What you should do: Only the lines containing "notifications" should appear in the answer, copied from the listing below.

::: Task input :::

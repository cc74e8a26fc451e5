-- ===== src/Captures/Outcomes.antt =====
-- What the branches of the policy leave of a capture.
use life_os_vnex.Prelude.{
  String, Bool, true, false, ◌≡◌, refl, sym, ap, [], ◌∷◌, ◌++◌, if◌then◌else◌,
}
use mathlib.Core.Bool.{false≢true}
use life_os_vnex.Prelude.Env.{Env}
use life_os_vnex.Prelude.{some}
use life_os_vnex.State.{Store, ReviewItem, Notification, id_at, new_id, create_status_event}
use life_os_vnex.Policy.{
  PolicyDecision, Verdict, raw_only, review_required, ask_clarification, auto_apply,
}
use life_os_vnex.Orchestrator.{Draft}
use life_os_vnex.Captures.{
  Routed, settle_by, settle_capture, keep_raw, ask_owner, capture_review, review_notice,
  review_status,
}
use Prim.Native.Nat.{suc}

abbrev pub is_auto : Verdict → Bool
is_auto auto_apply = true
is_auto verdict = false

abbrev pub is_asking : Verdict → Bool
is_asking review_required = true
is_asking ask_clarification = true
is_asking verdict = false

-- The review has the draft's content and action, and the status of the verdict.
pub record IsReviewOf (o : Routed) (d : Draft) (policy : PolicyDecision) (r : ReviewItem)
    : Type 0 where
  pub action : r.proposed_action_json ≡ d.proposed_action
  pub capture : r.source_capture_id ≡ some o.capture_id
  pub title : r.title ≡ d.title
  pub body : r.body_md ≡ d.body_md
  pub agent : r.proposed_by_agent_id ≡ some d.agent_id
  pub confidence : r.confidence ≡ d.confidence
  pub status :
      r.status ≡ (elim policy.decision [ review_required ↦ "pending" | _ ↦ "needs_clarification" ])

-- A store after a branch that applies nothing: the owner's data, the commands and the decisions are
-- as they were, and a verdict that asks leaves one review and one notification about it.
pub record IsKept (env : Env) (o : Routed) (d : Draft) (policy : PolicyDecision) (s t : Store)
    : Type 0 where
  pub tables : t.tables ≡ s.tables
  pub changes : t.changes ≡ s.changes
  pub decisions : t.decisions ≡ s.decisions
  pub review : ReviewItem
  pub notice : Notification
  pub reviews :
      t.reviews ≡ (if is_asking policy.decision then s.reviews ++ review ∷ [] else s.reviews)
  pub notifications :
      t.notifications
      ≡ (if is_asking policy.decision then s.notifications ++ notice ∷ [] else s.notifications)
  pub asks : IsReviewOf o d policy review
  pub notifies : notice.related_review_item_id ≡ some review.id
  pub unread : notice.status ≡ "queued"

review_status_lem :
    (v : Verdict)
    → review_status v ≡ (elim v [ review_required ↦ "pending" | _ ↦ "needs_clarification" ])
review_status_lem raw_only = refl
review_status_lem review_required = refl
review_status_lem ask_clarification = refl
review_status_lem auto_apply = refl

is_review :
    (o : Routed) (d : Draft) (policy : PolicyDecision) (id : String)
    → IsReviewOf o d policy (capture_review o d policy id)
is_review o d policy id = record {
  action = refl;
  capture = refl;
  title = refl;
  body = refl;
  agent = refl;
  confidence = refl;
  status = review_status_lem policy.decision;
}

module _ (env : Env) (timezone : String) where
  keep_raw-IsKept :
      (o : Routed) (d : Draft) (policy : PolicyDecision) (s : Store)
      → is_asking policy.decision ≡ false
      → IsKept env o d policy s (keep_raw env timezone o s).1
  unfolding keep_raw
  keep_raw-IsKept o d policy s h = record {
    tables = refl;
    changes = refl;
    decisions = refl;
    reviews = rw h refl;
    notifications = rw h refl;
    review = capture_review o d policy (id_at env "rev" s.draws);
    notice = review_notice o d (id_at env "rev" s.draws) (id_at env "notif" (suc s.draws));
    asks = is_review o d policy (id_at env "rev" s.draws);
    notifies = refl;
    unread = refl;
  }

  ask_owner-IsKept :
      (o : Routed) (d : Draft) (policy : PolicyDecision) (s : Store)
      → is_asking policy.decision ≡ true
      → IsKept env o d policy s (ask_owner env timezone o d policy s).1
  unfolding ask_owner new_id create_status_event
  ask_owner-IsKept o d policy s h = record {
    tables = refl;
    changes = refl;
    decisions = refl;
    reviews = rw h refl;
    notifications = rw h refl;
    review = capture_review o d policy (id_at env "rev" s.draws);
    notice = review_notice o d (id_at env "rev" s.draws) (id_at env "notif" (suc s.draws));
    asks = is_review o d policy (id_at env "rev" s.draws);
    notifies = refl;
    unread = refl;
  }

  settled-IsKept :
      (o : Routed) (d : Draft) (policy : PolicyDecision) (s : Store) (v : Verdict)
      → policy.decision ≡ v
      → is_auto v ≡ false
      → IsKept env o d policy s (settle_by env timezone v o d policy s).1
  unfolding settle_by
  settled-IsKept o d policy s raw_only e h = keep_raw-IsKept o d policy s (ap is_asking e)
  settled-IsKept o d policy s auto_apply e h = absurd (false≢true (sym h))
  settled-IsKept o d policy s review_required e h = ask_owner-IsKept o d policy s (ap is_asking e)
  settled-IsKept o d policy s ask_clarification e h = ask_owner-IsKept o d policy s (ap is_asking e)

  -- A capture whose policy decision is not to apply leaves the owner's data, the state changes and the
  -- review decisions as they were; a decision to review or to ask adds one review with the draft's
  -- action, texts, agent and confidence, pending for the one and in need of a clarification for the other, and
  -- one queued notification that names it; a decision to keep it raw adds neither.
  pub unapplied-IsKept :
      (o : Routed) (d : Draft) (policy : PolicyDecision) (s : Store)
      → is_auto policy.decision ≡ false
      → IsKept env o d policy s (settle_capture env timezone o d policy s).1
  unfolding settle_capture
  unapplied-IsKept o d policy s h = settled-IsKept o d policy s policy.decision refl h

:::

Exercise output:
  pub notifications :
      t.notifications
      ≡ (if is_asking policy.decision then s.notifications ++ notice ∷ [] else s.notifications)
    notifications = rw h refl;
    notifications = rw h refl;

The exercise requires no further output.